Lightweight design of low-load electric vehicle frame

Abstract

On the basis of summarizing low-load electric vehicle frame research, taking pure electric patrol vehicle frame as research object of lightweight design, the section size parameter optimization method is adopted to achieve lightweight targets design. According to bearing capacity of the frame, a mathematical model is established, which takes the minimum mass of single longitudinal beam as objective function and the strength and stiffness as constraints condition. The initial-design frame is optimized in workbench. The results show that overall mass after optimization is reduced from 80.532 kg to 70.409 kg, and the frame mass induced by 12.6%. Then frame statics analysis before and after optimization is carried in workbench and the results show that the frame before and after optimization meets the corresponding strength and stiffness requirements under bending and torsion conditions. Finally, frame modal analysis before and after optimization shows that no resonance phenomenon occurs in the frame before and after optimization.

Keywords

Electric patrol vehicle frame optimization design lightweight finite element analysis

1. Introduction

With the rapid development of the automotive industry and increasingly fierce competition, improving automobiles quality, reforming automobiles manufacturing technology and reducing the overall production cost have gradually become the goals pursued by automobile companies. For traditional vehicles, the lightweight frame can effectively reduce the fuel consumption rate and exhaust emissions, so as to achieve energy conservation and emission reduction.

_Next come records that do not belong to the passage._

-- ===== src/Inventory/State.antt =====
-- The collections that hold the configuration and what refers to it, and methods on them, which stop at
-- the first error with what was written before it kept.
use neo_line.Prelude.{
  ℕ, zero, suc, Bool, String, ◌==◌, Option, List, Result, ok, err, driver, duplicate_key,
  no_documents, name_taken, any, not, select, if◌then◌else◌,
}
use neo_line.Mongo.{Collection}
use neo_line.Certificates.Types.{ManagedCertificate}
use neo_line.Monitoring.Types.{Server, Monitor, CheckResult, ServerEvent, MonitorGroup, NotifyGroup}

-- internal/store/certificate_access_tokens.go.
pub record CertificateAccessToken : Type 0 where
  pub id : String
  pub server_id : String
  pub name : String
  pub token_hash : String
  pub prefix : String
  pub created_at : ℕ
  pub last_used_at : Option ℕ
  pub expires_at : Option ℕ

pub record InventoryDatabase : Type 0 where
  pub servers_coll : Collection Server
  pub monitors_coll : Collection Monitor
  pub results_coll : Collection CheckResult
  pub events_coll : Collection ServerEvent
  pub tokens_coll : Collection CertificateAccessToken
  pub groups_coll : Collection MonitorGroup
  pub notify_groups_coll : Collection NotifyGroup
  pub certificates_coll : Collection ManagedCertificate

pub record Inventory : Type 0 where
  pub servers : List Server
  pub monitors : List Monitor
  pub results : List CheckResult
  pub events : List ServerEvent
  pub tokens : List CertificateAccessToken
  pub groups : List MonitorGroup
  pub notify_groups : List NotifyGroup
  pub certificates : List ManagedCertificate

abbrev pub Action : Type 0 → Type 0
Action A = Inventory → Inventory × Result A

module _ {A : Type 0} where
  abbrev pub on_servers : (List Server → List Server × Result A) → Action A
  on_servers m s = (record s { servers = (m s.servers).0 }, (m s.servers).1)

  abbrev pub on_monitors : (List Monitor → List Monitor × Result A) → Action A
  on_monitors m s = (record s { monitors = (m s.monitors).0 }, (m s.monitors).1)

  abbrev pub on_results : (List CheckResult → List CheckResult × Result A) → Action A
  on_results m s = (record s { results = (m s.results).0 }, (m s.results).1)

  abbrev pub on_events : (List ServerEvent → List ServerEvent × Result A) → Action A
  on_events m s = (record s { events = (m s.events).0 }, (m s.events).1)

  abbrev pub on_tokens :
      (List CertificateAccessToken → List CertificateAccessToken × Result A) → Action A
  on_tokens m s = (record s { tokens = (m s.tokens).0 }, (m s.tokens).1)

  abbrev pub on_groups : (List MonitorGroup → List MonitorGroup × Result A) → Action A
  on_groups m s = (record s { groups = (m s.groups).0 }, (m s.groups).1)

  abbrev pub on_notify_groups : (List NotifyGroup → List NotifyGroup × Result A) → Action A
  on_notify_groups m s = (record s { notify_groups = (m s.notify_groups).0 }, (m s.notify_groups).1)

  abbrev pub on_certificates :
      (List ManagedCertificate → List ManagedCertificate × Result A) → Action A
  on_certificates m s = (record s { certificates = (m s.certificates).0 }, (m s.certificates).1)

  -- A read.
  abbrev pub reading : (Inventory → Result A) → Action A
  reading q s = (s, q s)

  abbrev pub done_with : A → Action A
  done_with a s = (s, ok a)

  -- An error of a write, with a duplicate key read as a name that is taken.
  abbrev pub naming : Result A → Result A
  naming (err (driver duplicate_key)) = err name_taken
  naming r = r

  abbrev pub named : Action A → Action A
  named m s = ((m s).0, naming (m s).1)

  abbrev pub matched_or_missing : ℕ → A → Action A
  matched_or_missing zero a s = (s, err no_documents)
  matched_or_missing (suc n) a s = (s, ok a)

unfoldable pub continue :
    {A B : Type 0} → (A → Action B) → Inventory → Result A → Inventory × Result B
continue f s (ok a) = f a s
continue f s (err e) = (s, err e)

infixl 5 ◌then◌
unfoldable pub ◌then◌ : {A B : Type 0} → Action A → (A → Action B) → Action B
unfolding continue
m then f = λ s. continue f (m s).0 (m s).1

-- `$pull`.
abbrev pub pull : String → List String → List String
pull id ids = select (λ x. not (x == id)) ids

abbrev pub names : String → List String → Bool
names id ids = any (λ x. x == id) ids
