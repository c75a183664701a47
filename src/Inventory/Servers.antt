-- ===== src/Inventory/Servers.antt =====
-- The writes of servers and monitors in internal/store/store.go.
use neo_line.Prelude.{
  ℕ, Bool, true, ◌&&◌, String, ◌==◌, List, [], ◌∷◌, Result, ok, err, Error, invalid_group_ids,
  if◌then◌else◌, nat_beq, length,
}
use neo_line.Certificates.Types.{ManagedCertificate}
use neo_line.Monitoring.Types.{Server, Monitor, CheckResult, ServerEvent}
use neo_line.Monitoring.Status.{value_or, apply_monitor_defaults}
use neo_line.Inventory.State.{
  InventoryDatabase, CertificateAccessToken, Action, on_servers, on_monitors, on_results, on_events,
  on_tokens, on_certificates, reading, done_with, matched_or_missing, ◌then◌, pull, names,
}

unfoldable pub is_server : String → Server → Bool
is_server id s = s.id == id

unfoldable pub is_monitor : String → String → Monitor → Bool
is_monitor server_id monitor_id m = m.server_id == server_id && m.id == monitor_id

unfoldable pub on_server : String → Monitor → Bool
on_server id m = m.server_id == id

unfoldable pub result_of_server : String → CheckResult → Bool
result_of_server id r = r.server_id == id

unfoldable pub result_of_monitor : String → String → CheckResult → Bool
result_of_monitor server_id monitor_id r = r.server_id == server_id && r.monitor_id == monitor_id

unfoldable pub event_of : String → ServerEvent → Bool
event_of id e = e.server_id == id

unfoldable pub token_of : String → CertificateAccessToken → Bool
token_of id t = t.server_id == id

unfoldable pub assigned : String → ManagedCertificate → Bool
assigned id c = names id c.server_ids

unfoldable pub unassigned : String → ManagedCertificate → ManagedCertificate
unassigned id c = record c { server_ids = pull id c.server_ids }

-- The distinct ids, as the keys of a map.
unfoldable pub distinct : List String → List String
distinct [] = []
distinct (x ∷ xs) = let rest = distinct xs in if names x rest then rest else x ∷ rest

-- The check of `validateGroupIDs` and `validateNotifyGroupIDs`, by the count of the ids that exist.
unfoldable pub check_ids : (List String → Result ℕ) → Error → List String → Result (Unit {0})
unfolding distinct
check_ids count invalid [] = ok tt
check_ids count invalid (x ∷ xs) =
    if names "" (x ∷ xs) then err invalid else elim (count (distinct (x ∷ xs))) [
      | err e ↦ err e
      | ok n ↦ if nat_beq n (length (distinct (x ∷ xs))) then ok tt else err invalid
    ]

module _ (db : InventoryDatabase) where
  open db use {
    servers_coll, monitors_coll, results_coll, events_coll, tokens_coll, groups_coll,
    certificates_coll,
  }

  unfoldable pub get_server : String → Action Server
  unfolding is_server
  get_server id = reading (λ s. servers_coll.find_one (is_server id) s.servers)

  unfoldable pub create_server : ℕ → String → Server → Action Server
  create_server now fresh server =
      let doc = record server {
        id = if server.id == "" then fresh else server.id;
        health_status = if server.health_status == "" then "Unknown" else server.health_status;
        created_at = now;
        updated_at = now;
        last_status_change_at = now;
      } in
      on_servers (servers_coll.insert_one doc) then λ _. done_with doc

  unfoldable pub updated_server : String → Server → Server → ℕ → Server
  updated_server id server existing now = record server {
    id = id;
    created_at = existing.created_at;
    health_status = value_or server.health_status existing.health_status;
    last_status_change_at = existing.last_status_change_at;
    last_check_at = existing.last_check_at;
    updated_at = now;
  }

  unfoldable pub update_server : ℕ → String → Server → Action Server
  unfolding get_server is_server updated_server
  update_server now id server = get_server id then λ existing.
      let doc = updated_server id server existing now in
      on_servers (servers_coll.update_one (is_server id) (λ _. doc)) then λ n.
      matched_or_missing n doc

  unfoldable pub delete_certificate_access_tokens_by_server : String → Action ℕ
  unfolding token_of
  delete_certificate_access_tokens_by_server id = on_tokens (tokens_coll.delete_many (token_of id))

  unfoldable pub remove_server_from_managed_certificates : String → Action ℕ
  unfolding unassigned
  remove_server_from_managed_certificates id =
      on_certificates (certificates_coll.update_many (λ _. true) (unassigned id))

  unfoldable pub delete_server : String → Action ℕ
  unfolding is_server on_server result_of_server event_of delete_certificate_access_tokens_by_server
      remove_server_from_managed_certificates
  delete_server id =
      (on_servers (servers_coll.delete_one (is_server id)) then λ n. matched_or_missing n tt)
      then (λ _. on_monitors (monitors_coll.delete_many (on_server id)))
      then (λ _. on_results (results_coll.delete_many (result_of_server id)))
      then (λ _. on_events (events_coll.delete_many (event_of id)))
      then (λ _. delete_certificate_access_tokens_by_server id)
      then (λ _. remove_server_from_managed_certificates id)

  unfoldable pub validate_group_ids : List String → Action (Unit {0})
  unfolding check_ids
  validate_group_ids ids = reading (λ s.
      check_ids (λ xs. groups_coll.count_documents (λ g. names g.id xs) s.groups) invalid_group_ids
        ids)

  unfoldable pub get_monitor : String → String → Action Monitor
  unfolding is_monitor
  get_monitor server_id monitor_id =
      reading (λ s. monitors_coll.find_one (is_monitor server_id monitor_id) s.monitors)

  unfoldable pub created_monitor : ℕ → String → String → Monitor → Monitor
  created_monitor now fresh server_id monitor =
      let doc = apply_monitor_defaults (record monitor {
        id = if monitor.id == "" then fresh else monitor.id;
        server_id = server_id;
      }) in
      record doc { created_at = now; updated_at = now; last_status_change_at = now }

  unfoldable pub create_monitor : ℕ → String → String → Monitor → Action Monitor
  unfolding get_server validate_group_ids created_monitor
  create_monitor now fresh server_id monitor =
      get_server server_id then (λ _. validate_group_ids monitor.group_ids) then (λ _.
        let doc = created_monitor now fresh server_id monitor in
        on_monitors (monitors_coll.insert_one doc) then λ _. done_with doc)

  unfoldable pub updated_monitor : String → String → Monitor → Monitor → ℕ → Monitor
  updated_monitor server_id monitor_id monitor existing now =
      apply_monitor_defaults (record monitor {
        id = monitor_id;
        server_id = server_id;
        created_at = existing.created_at;
        status = value_or monitor.status existing.status;
        last_check_at = existing.last_check_at;
        last_status_change_at = existing.last_status_change_at;
        certificate = existing.certificate;
        updated_at = now;
      })

  unfoldable pub update_monitor : ℕ → String → String → Monitor → Action Monitor
  unfolding get_monitor validate_group_ids is_monitor updated_monitor
  update_monitor now server_id monitor_id monitor =
      get_monitor server_id monitor_id then λ existing.
      validate_group_ids monitor.group_ids then λ _.
      let doc = updated_monitor server_id monitor_id monitor existing now in
      on_monitors (monitors_coll.update_one (is_monitor server_id monitor_id) (λ _. doc)) then λ n.
      matched_or_missing n doc

  unfoldable pub delete_monitor : String → String → Action ℕ
  unfolding is_monitor result_of_monitor
  delete_monitor server_id monitor_id =
      (on_monitors (monitors_coll.delete_one (is_monitor server_id monitor_id)) then λ n.
      matched_or_missing n tt)
      then (λ _. on_results (results_coll.delete_many (result_of_monitor server_id monitor_id)))
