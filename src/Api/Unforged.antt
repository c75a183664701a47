-- ===== src/Api/Unforged.antt =====
-- A client's update of a server or of a monitor, through the message and the store.
use neo_line.Prelude.{
  List, Bool, arith, ℕ, zero, suc, ◌≡◌, refl, ap, sym, subst, ◌∙◌, String, ◌==◌, Option, none, some,
  if◌then◌else◌, Result, ok, err, first,
}
use neo_line.Certificates.Inversion.{answer-ok, or_none-ok, perform-ok}
use neo_line.Mongo.{Collection}
use neo_line.Mongo.Documents.{update_first, matched, perform}
use neo_line.Monitoring.Types.{Server, Monitor}
use neo_line.Monitoring.Status.{
  apply_monitor_defaults, apply_tls_defaults, apply_url_defaults, apply_common_defaults, value_or,
}
use neo_line.Inventory.State.{
  Inventory, InventoryDatabase, Action, ◌then◌, continue, matched_or_missing,
}
use neo_line.Inventory.Servers.{
  is_server, is_monitor, get_server, get_monitor, update_server, updated_server, update_monitor,
  updated_monitor,
}
use neo_line.Api.Convert.{ServerMessage, MonitorMessage, server_from_proto, monitor_from_proto}

continue-ok :
    {A B : Type 0} (f : A → Action B) (r : Result A) (s t : Inventory) (b : B)
    → continue f s r ≡ (t, ok b)
    → (a : A) × (r ≡ ok a) × (f a s ≡ (t, ok b))
unfolding continue
continue-ok f (ok a) s t b h = (a, refl, h)
continue-ok {A} {B} f (err e) s t b h = cc (ap (λ (w : Inventory × Result B). w.1) h)

-- Both parts of an action that returned a value.
then-ok :
    {A B : Type 0} (m : Action A) (f : A → Action B) (s t : Inventory) (b : B)
    → (m then f) s ≡ (t, ok b)
    → (a : A) × ((m s).1 ≡ ok a) × (f a (m s).0 ≡ (t, ok b))
unfolding ◌then◌
then-ok m f s t b h = continue-ok f (m s).1 (m s).0 t b h

matched_or_missing-ok :
    {A : Type 0} (n : ℕ) (a b : A) (s t : Inventory)
    → matched_or_missing n a s ≡ (t, ok b)
    → (b ≡ a) × (t ≡ s)
matched_or_missing-ok {A} zero a b s t h = cc (ap (λ (w : Inventory × Result A). w.1) h)
matched_or_missing-ok {A} (suc n) a b s t h =
    let same = ap (λ (w : Inventory × Result A). w.1) h in
    (ground arith, sym (ap (λ (w : Inventory × Result A). w.0) h))

-- What an update of one document that returned a count leaves.
updated_one :
    {A : Type 0} (c : Collection A) (p : A → Bool) (f : A → A) (xs : List A) (n : ℕ)
    → (c.update_one p f xs).1 ≡ ok n
    → (c.update_one p f xs).0 ≡ update_first p f xs
updated_one {A} c p f xs n h =
    let (o, l) = c.update_one_lem p f xs in
    ap (λ (w : List A × Result ℕ). w.0) l
    ∙ (perform-ok o xs _ _ _ n (λ i. (
      (perform o xs (update_first p f xs) (ok (matched p xs))).0,
      (sym (ap (λ (w : List A × Result ℕ). w.1) l) ∙ h) i,
    ))).0

-- What the service keeps of a server.
abbrev pub SameServer : Server → Server → Type 0
SameServer before after =
    (after.health_status ≡ before.health_status)
    × (after.last_status_change_at ≡ before.last_status_change_at)
    × (after.last_check_at ≡ before.last_check_at)
    × (after.created_at ≡ before.created_at)

-- What the probes keep of a monitor.
abbrev pub SameMonitor : Monitor → Monitor → Type 0
SameMonitor before after =
    (after.status ≡ (if before.status == "" then "Unknown" else before.status))
    × (after.last_check_at ≡ before.last_check_at)
    × (after.last_status_change_at ≡ before.last_status_change_at)
    × (after.certificate ≡ before.certificate)
    × (after.created_at ≡ before.created_at)

kept_health :
    (p : Option ServerMessage) (existing : Server)
    → value_or (server_from_proto p).health_status existing.health_status ≡ existing.health_status
unfolding value_or server_from_proto
kept_health none existing = refl
kept_health (some p) existing = refl

apply_tls_defaults-Same :
    (m : Monitor)
    → ((apply_tls_defaults m).status ≡ m.status)
      × ((apply_tls_defaults m).last_check_at ≡ m.last_check_at)
      × ((apply_tls_defaults m).last_status_change_at ≡ m.last_status_change_at)
      × ((apply_tls_defaults m).certificate ≡ m.certificate)
      × ((apply_tls_defaults m).created_at ≡ m.created_at)
unfolding apply_tls_defaults
apply_tls_defaults-Same m = ground arith

apply_monitor_defaults-Same :
    (m : Monitor)
    → ((apply_monitor_defaults m).status ≡ (if m.status == "" then "Unknown" else m.status))
      × ((apply_monitor_defaults m).last_check_at ≡ m.last_check_at)
      × ((apply_monitor_defaults m).last_status_change_at ≡ m.last_status_change_at)
      × ((apply_monitor_defaults m).certificate ≡ m.certificate)
      × ((apply_monitor_defaults m).created_at ≡ m.created_at)
unfolding apply_monitor_defaults apply_url_defaults apply_common_defaults
apply_monitor_defaults-Same m =
    apply_tls_defaults-Same (apply_url_defaults (apply_common_defaults m))

updated_monitor-Same :
    (db : InventoryDatabase) (server_id monitor_id : String) (p : Option MonitorMessage)
    (existing : Monitor) (now : ℕ)
    → SameMonitor existing
        (updated_monitor db server_id monitor_id (monitor_from_proto p) existing now)
unfolding updated_monitor monitor_from_proto value_or
updated_monitor-Same db server_id monitor_id none existing now = apply_monitor_defaults-Same _
updated_monitor-Same db server_id monitor_id (some p) existing now = apply_monitor_defaults-Same _

updated_server-Same :
    (db : InventoryDatabase) (id : String) (p : Option ServerMessage) (existing : Server) (now : ℕ)
    → SameServer existing (updated_server db id (server_from_proto p) existing now)
unfolding updated_server
updated_server-Same db id p existing now = (kept_health p existing, refl, refl, refl)

module _ (db : InventoryDatabase) where
  open db use {servers_coll, monitors_coll}

  got_server :
      (id : String) (s t : Inventory) (x : Server)
      → (get_server db id s).1 ≡ ok x
      → first (is_server id) s.servers ≡ some x
  unfolding get_server
  got_server id s t x h =
      let (o, l) = servers_coll.find_one_lem (is_server id) s.servers in
      or_none-ok _ x (answer-ok o _ x (sym l ∙ h))

  got_monitor :
      (server_id monitor_id : String) (s t : Inventory) (x : Monitor)
      → (get_monitor db server_id monitor_id s).1 ≡ ok x
      → first (is_monitor server_id monitor_id) s.monitors ≡ some x
  unfolding get_monitor
  got_monitor server_id monitor_id s t x h =
      let (o, l) = monitors_coll.find_one_lem (is_monitor server_id monitor_id) s.monitors in
      or_none-ok _ x (answer-ok o _ x (sym l ∙ h))

  -- Whatever message a client sends to update a monitor, a successful update keeps the status, the times of
  -- the last check and of the last change, the observed certificate and the time of creation of the stored
  -- monitor, a status that was never set becoming Unknown; and what it returns is the document that the
  -- database holds in the place of the old one.
  pub update_monitor-unforged :
      (now : ℕ) (server_id monitor_id : String) (p : Option MonitorMessage) (s t : Inventory)
      (saved : Monitor)
      → update_monitor db now server_id monitor_id (monitor_from_proto p) s ≡ (t, ok saved)
      → (existing : Monitor) × (first (is_monitor server_id monitor_id) s.monitors ≡ some existing)
        × SameMonitor existing saved
        × (t.monitors ≡ update_first (is_monitor server_id monitor_id) (λ _. saved) s.monitors)
  unfolding update_monitor
  update_monitor-unforged now server_id monitor_id p s t saved h =
      let (existing, h₁, k₁) = then-ok _ _ s t saved h in
      let (_, h₂, k₂) = then-ok _ _ _ t saved k₁ in
      let (n, h₃, k₃) = then-ok _ _ _ t saved k₂ in
      let (same, kept) = matched_or_missing-ok n _ saved _ t k₃ in
      let doc = updated_monitor db server_id monitor_id (monitor_from_proto p) existing now in
      let stored =
        updated_one monitors_coll (is_monitor server_id monitor_id) (λ _. doc) s.monitors n h₃ in
      (
        existing,
        got_monitor server_id monitor_id s t existing h₁,
        subst (SameMonitor existing) (sym same)
            (updated_monitor-Same db server_id monitor_id p existing now),
        rw same (ap (λ (w : Inventory). w.monitors) kept ∙ stored),
      )

  -- Whatever message a client sends to update a server, a successful update keeps the health, the times of
  -- the last change and of the last check, and the time of creation of the stored server; and what it
  -- returns is the document that the database holds in the place of the old one.
  pub update_server-unforged :
      (now : ℕ) (id : String) (p : Option ServerMessage) (s t : Inventory) (saved : Server)
      → update_server db now id (server_from_proto p) s ≡ (t, ok saved)
      → (existing : Server) × (first (is_server id) s.servers ≡ some existing)
        × SameServer existing saved
        × (t.servers ≡ update_first (is_server id) (λ _. saved) s.servers)
  unfolding update_server
  update_server-unforged now id p s t saved h =
      let (existing, h₁, k₁) = then-ok _ _ s t saved h in
      let (n, h₂, k₂) = then-ok _ _ _ t saved k₁ in
      let (same, kept) = matched_or_missing-ok n _ saved _ t k₂ in
      let doc = updated_server db id (server_from_proto p) existing now in
      let stored = updated_one servers_coll (is_server id) (λ _. doc) s.servers n h₂ in
      (
        existing,
        got_server id s t existing h₁,
        subst (SameServer existing) (sym same) (updated_server-Same db id p existing now),
        rw same (ap (λ (w : Inventory). w.servers) kept ∙ stored),
      )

For electric vehicles, reducing frame mass can increase the battery driving range after a charge, and increase the vehicle’s power performance. Researches find that reducing electric vehicles mass has a significant effect on increasing driving range and reducing energy consumption. If the mass is reduced by 100 kg, the driving range will increase by 1.2%, and the energy consumption of 100 km will be reduced by 1.6% [1]. According to statistics, body and frame mass accounts for about 40% $\sim$ 60% of automobile total mass, so reducing automobile frame mass can provide great potential for automobile lightweight. Reducing overall mass can not only save energy, but also greatly improve the control stability. After the overall mass is reduced, the power required for acceleration and braking will be greatly reduced. The frame is the force-bearing base of the vehicle [2], so electric vehicle frame lightweight is of great significance. Lightweight design means to reduce the overall frame mass while ensuring the frame has certain strength and stiffness [3, 4, 5]. Taking the four-seat electric patrol vehicle of low-load electric vehicle as the research object, lightweight purpose is achieved by optimizing the section size of the longitudinal beam.

2. Frame model

2.1 Define materials and loads

The frame material is Q235, and its characteristic parameters are shown in Table 1. Since the power battery and the motor are large in volume and mass, it is not suitable to be arranged in the front and middle of the electric patrol. Therefore, motor rear drive will be adopted in the electric patrol vehicle, and the power battery will also be placed in the back of the body [6, 7].

Table 1
Main performance parameters of Q235

Parameter performance	Value
Elastic modulus/MPa	2.1 $\times$ 10 ${}^{5}$
Poisson ratio	0.3
Density kg/m ${}^{3}$	7850
Yield strength/MPa	235

The total mass includes 4 members (include a driver), the average mass of each member is 75 kg. All loads on patrol vehicles are shown in Table 2.

Table 2

Load on the frame

Number	Load type	Mass
1	Members	300 kg
2	Power battery	150 kg
3	Motor	40 kg
4	Other body accessories	400 kg

Figure 1.

3D model of the frame.

2.2 Establish a 3D model of the frame

Since the electric patrol vehicle belongs to low-load electric vehicle, the load on the frame is not large, mainly including members, power battery, motor, body and other accessories. Currently, most electric vehicles are welded with square steel and angle steel [8]. A three-dimensional model of the frame with the peripheral frame as the main design standard is built, and all hollow square tubes in the frame are established by welding. Finally, the frame is designed to be 3000 mm long, with two longitudinal beams 700 mm apart in space, total width of the frame is 1200 mm, the beam face size is 40 $\times$ 40 mm, and the wall thickness is 3 mm. The rest beams are 80 $\times$ 40 mm with a wall thickness of 3 mm, and the 3D model is shown in Fig. 1.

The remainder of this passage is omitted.